Scarfo case could test cyber-spying tactic  

By George Anastasia 


A federal gambling case against the son of jailed mob boss Nicodemo 
"Little Nicky" Scarfo could instead be the first legal test of 
cutting-edge cyber-surveillance technology that some critics of 
federal investigations say borders on Big Brotherism.  

Court records in the pending case indicate that Nicodemo S. Scarfo, 
35, was the target of a sophisticated surveillance tool - a so-called 
keystroke-logging device - that allowed the FBI to reproduce every 
stroke he entered on a computer on which gambling records allegedly 
were stored.  

Scarfo subsequently was charged with supervising a mob-linked 
bookmaking and loan-sharking operation in North Jersey.  

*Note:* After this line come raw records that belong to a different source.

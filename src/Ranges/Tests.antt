-- ===== src/Ranges/Tests.antt =====
-- Runs of `ranges`, and its theorems at concrete vectors.
use persimmon.Base.{ℕ, ◌<◌, ◌≡◌, refl, ◌||◌, some, List, [], ◌∷◌, arith, word, inside}
use persimmon.Ranges.{Range, insert, find, remove, includes, includes_range, intersects}
use persimmon.Ranges.Order.{Coalesced}
use persimmon.Ranges.Insert.{find-insert}
use persimmon.Ranges.Remove.{remains, remove-remains, remove-empties}

abbrev two : List Range
two = record { start = 16; size = 8 } ∷ record { start = 64; size = 16 } ∷ []

two-Coalesced : Coalesced 0 two
two-Coalesced = omega arith

-- The new range joins both.
insert_runs : insert two 20 44 ≡ record { start = 16; size = 64 } ∷ []
unfolding insert
insert_runs = refl

remove_runs :
    remove two 68 4 ≡ some (record { start = 64; size = 4 } ∷ record { start = 72; size = 8 } ∷ [])
unfolding remove includes includes_range intersects
remove_runs = refl

find-insert_example : find (insert two 20 44) 40 ≡ (inside 20 44 40 || find two 40)
find-insert_example = find-insert two 20 44 two-Coalesced (omega arith) 40 (omega arith)

remove-remains_example :
    (w : List Range) × (remove two 68 4 ≡ some w)
    × Coalesced 0 w
    × ((p : ℕ) → p < word → find w p ≡ remains (record { start = 68; size = 4 }) two p)
remove-remains_example = remove-remains two 68 4 two-Coalesced (omega arith) (omega arith)

remove-empties_example : remove two 256 4 ≡ some []
unfolding find
remove-empties_example = remove-empties two 256 4 (omega arith) (omega arith) refl refl
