-- ===== src/Recovery.antt =====
-- The recovery that the two processes make together: the end of `dr_client_main` in
-- src/undo/instrument.cc, with `send_regions`, and `undo_recover_foreground` of src/undo/undo_fg.cc,
-- with `map_recovered_regions` of src/undo/mem_region/fg.cc. A pipe is the list of what has been
-- written to it, each write being smaller than PIPE_BUF. What a system call gives back is an argument.
pub mod Foreground
pub mod Steps
pub mod Places
pub mod Order
pub mod Progress
mod Tests
use persimmon.Base.{
  ℕ, zero, suc, ◌+◌, Bool, true, false, not, ◌&&◌, ltb, ◌==◌, if◌then◌else◌, List, [], ◌∷◌, ◌++◌,
  map, Memory,
}
use persimmon.Region.{Region}
use persimmon.RegionManager.{RegionManager, send_regions}
use persimmon.RegionFile.{
  File, LoadCalls, load_region, Try, failed, ok, ◌>>=◌, ◌>>◌, fail_if, einval,
}

-- A C++ `int`, where its sign matters.
pub data ℤ : Type 0 where
  pos : ℕ → ℤ
  negsuc : ℕ → ℤ

-- What the background process writes to the pipe: a `region`, or the recovered tail.
pub data Message : Type 0 where
  region : Region → Message
  tail : ℤ → Message

-- What `dr_client_main` sends, when the assertion on the tail holds.
unfoldable pub recovery_messages : RegionManager → ℕ → List Message
recovery_messages mrm recovered_tail =
    map region (send_regions mrm) ++ (tail (pos recovered_tail) ∷ [])

-- The region that marks the end.
abbrev pub is_sentinel : Region → Bool
is_sentinel r = r.base == 0 && r.size == 0

-- The loop of `map_recovered_regions`: the regions mapped, in order, what stays in the pipe, and the
-- memory. A read from an empty pipe, whose writer has closed it, or of a tail is too short.
pub map_regions :
    (Region → LoadCalls)
    → (Region → File)
    → List Message
    → Memory
    → Try (List Region × (List Message × Memory))
map_regions calls files [] m = failed einval
map_regions calls files (tail t ∷ pipe) m = failed einval
map_regions calls files (region r ∷ pipe) m = if is_sentinel r then ok ([], (pipe, m)) else (do
  m' ← load_region (calls r) (files r) r m
  (mapped, left) ← map_regions calls files pipe m'
  ok (r ∷ mapped, left))

-- What the other system calls of the foreground give back: error numbers, with 0 for success, and
-- how much the write to the other pipe writes.
pub record ForegroundCalls : Type 0 where
  pub close_unused_error : ℕ
  pub open_directory_error : ℕ
  pub load : Region → LoadCalls
  pub close_directory_error : ℕ
  pub close_btf_error : ℕ
  pub write_error : ℕ
  pub nwritten : ℕ
  pub close_ftb_error : ℕ

pub map_recovered_regions :
    ForegroundCalls
    → (Region → File)
    → List Message
    → Memory
    → Try (List Region × (List Message × Memory))
unfolding map_regions
map_recovered_regions calls files pipe m = do
  fail_if (ltb 0 calls.open_directory_error) calls.open_directory_error
  result ← map_regions calls.load files pipe m
  fail_if (ltb 0 calls.close_directory_error) calls.close_directory_error
  ok result

-- The read of the tail.
read_tail : List Message → Try (ℤ × List Message)
read_tail [] = failed einval
read_tail (tail t ∷ pipe) = ok (t, pipe)
read_tail (region r ∷ pipe) = failed einval

-- The tail is stored at `p_tail`, unless it is -1.
store_tail : ℤ → ℤ → Try ℤ
store_tail p_tail (pos t) = ok (pos t)
store_tail p_tail (negsuc zero) = ok p_tail
store_tail p_tail (negsuc (suc n)) = failed einval

-- What the foreground has when `undo_recover_foreground` returns 0.
pub record ForegroundState : Type 0 where
  pub p_tail : ℤ
  pub mapped : List Region
  pub memory : Memory

-- `undo_recover_foreground`, with the memory and the variable that `p_tail` points to.
pub undo_recover_foreground :
    Bool → ForegroundCalls → (Region → File) → List Message → ForegroundState → Try ForegroundState
unfolding map_recovered_regions read_tail store_tail
undo_recover_foreground false calls files pipe s = ok s
undo_recover_foreground true calls files pipe s = do
  fail_if (ltb 0 calls.close_unused_error) calls.close_unused_error
  (mapped, (pipe', m)) ← map_recovered_regions calls files pipe s.memory
  (recovered_tail, left) ← read_tail pipe'
  fail_if (ltb 0 calls.close_btf_error) calls.close_btf_error
  fail_if (ltb 0 calls.write_error) calls.write_error
  fail_if (ltb calls.nwritten 1) einval
  fail_if (ltb 0 calls.close_ftb_error) calls.close_ftb_error
  p_tail ← store_tail s.p_tail recovered_tail
  ok (record { p_tail = p_tail; mapped = mapped; memory = m })
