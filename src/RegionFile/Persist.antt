-- ===== src/RegionFile/Persist.antt =====
-- `persist_region`: its loop ends, and the file holds the region.
use persimmon.Base.{
  ℕ, zero, suc, ◌+◌, ◌-◌, ◌≤◌, ◌<◌, ◌≡◌, refl, sym, ap, ◌∙◌, Bool, true, false, some, List, [], ◌∷◌,
  ltb, ◌==◌, add_word, sub_word, word, Memory, arith, Bool-cases, inl, inr,
}
use persimmon.RegionFile.{
  File, empty_file, append, write_all, fsync_ret, is_negative, persist_region,
}

-- What is written in `fuel` calls, if a call that is asked for `n` bytes writes `kernel n`.
abbrev pub results : (ℕ → ℕ) → ℕ → ℕ → List ℕ
results kernel zero left = []
results kernel (suc fuel) left = kernel left ∷ results kernel fuel (left - kernel left)

-- Each call writes a byte at least, and no more than it is asked for.
abbrev pub IsKernel : (ℕ → ℕ) → Type 0
IsKernel kernel = (n : ℕ) → 0 < n → (0 < kernel n) × (kernel n ≤ n)

-- `n` bytes of the memory from `from` on have been put at the end of `f`.
record Copied (m : Memory) (from n : ℕ) (f g : File) : Type 0 where
  pub size : g.size ≡ f.size + n
  pub old : (i : ℕ) → i < f.size → g.bytes i ≡ f.bytes i
  pub new : (i : ℕ) → i < n → g.bytes (f.size + i) ≡ m (from + i)

append-Copied :
    (m : Memory) (from n nb : ℕ) (f g : File)
    → nb ≤ n
    → Copied m (from + nb) (n - nb) (append m from nb f) g
    → Copied m from n f g
append-Copied m from n nb f g l c = record {
  size = let s = c.size in omega arith;
  old = λ i h. let o = c.old i (omega arith) in ground arith;
  new = λ i h. elim (Bool-cases (ltb i nb)) [
    | inl here ↦
        let new : ltb (f.size + i) f.size ≡ false = ground arith in
        let same : f.size + i - f.size ≡ i = omega arith in
        c.old (f.size + i) (ground arith) ∙ rw (new, same) refl
    | inr later ↦
        let at : f.size + nb + (i - nb) ≡ f.size + i = ground arith in
        let source : from + nb + (i - nb) ≡ from + i = ground arith in
        sym (ap g.bytes at) ∙ (c.new (i - nb) (ground arith) ∙ ap m source)
  ];
}

write_all-Copied :
    (m : Memory) (kernel : ℕ → ℕ) (fuel from left : ℕ) (f : File)
    → IsKernel kernel
    → left ≤ fuel
    → from + left < word
    → (g : File) × (write_all m from left (results kernel fuel left) f ≡ some (true, g))
      × Copied m from left f g
unfolding write_all
write_all-Copied m kernel zero from left f k l b = (
  f,
  ground arith,
  record { size = omega arith; old = λ i h. refl; new = λ i h. absurd (omega arith) },
)
write_all-Copied m kernel (suc fuel) from left f k l b = elim (Bool-cases (left == 0)) [
  | inl last ↦ (
    f,
    ground arith,
    record { size = ground arith; old = λ i h. refl; new = λ i h. absurd (ground arith) },
  )
  | inr more ↦
      let (some_bytes, at_most) = k left (ground arith) in
      let (g, e, c) =
        write_all-Copied m kernel fuel (from + kernel left) (left - kernel left)
          (append m from (kernel left) f) k (omega arith) (omega arith) in
      let next : add_word from (kernel left) ≡ from + kernel left = omega arith in
      let less : sub_word left (kernel left) ≡ left - kernel left = omega arith in
      let moved : (kernel left == 0) ≡ false = ground arith in
      (g, rw (more, moved, next, less) e, append-Copied m from left (kernel left) f g at_most c)
]

fsync_unnoticed : (file_synced : Bool) → is_negative (fsync_ret file_synced) ≡ false
fsync_unnoticed true = refl
fsync_unnoticed false = refl

-- If the new file can be opened, and each `my_write` writes a byte at least, then `persist_region`
-- ends after `size` writes at most, in whatever pieces. It leaves a file with the bytes of the region and
-- no others, and returns its descriptor if the fsync of the directory succeeds, even where that of the
-- file fails: then the file that it returns has not been synced.
pub persist_region-copies :
    (kernel : ℕ → ℕ) (file_synced directory_synced : Bool) (m : Memory) (base size : ℕ)
    → IsKernel kernel
    → base + size < word
    → (f : File) × (persist_region
          (record {
            opened = true;
            written = results kernel size size;
            file_synced = file_synced;
            directory_synced = directory_synced;
          })
          m
          base
          size
        ≡ some (directory_synced, some f))
      × (f.size ≡ size)
      × ((i : ℕ) → i < size → f.bytes i ≡ m (base + i))
      × (f.synced ≡ file_synced)
unfolding persist_region
persist_region-copies kernel file_synced directory_synced m base size k b =
    let (g, e, c) = write_all-Copied m kernel size base size empty_file k (omega arith) b in
    (
      record g { synced = file_synced },
      rw (e, fsync_unnoticed file_synced) refl,
      (let s = c.size in omega arith),
      (λ i h. let at : 0 + i ≡ i = omega arith in sym (ap g.bytes at) ∙ c.new i h),
      refl,
    )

Questions about the FBI's spying methods in the Scarfo investigation 
surface at a time when defense lawyers and civil libertarians have 
begun to ask how far federal authorities should be permitted to go 
with electronic surveillance. Critics say that technology is evolving 
faster than the laws governing privacy rights and that federal 
investigators, emboldened by the capabilities of their cyber-tools, 
frequently disregard constitutional guarantees.  

"Anything he typed on that keyboard - a letter to his lawyer, 
personal or medical records, legitimate business records - they got 
it all," said Donald Manno, Scarfo's longtime lawyer.  

"That's scary. It's dangerous," he said.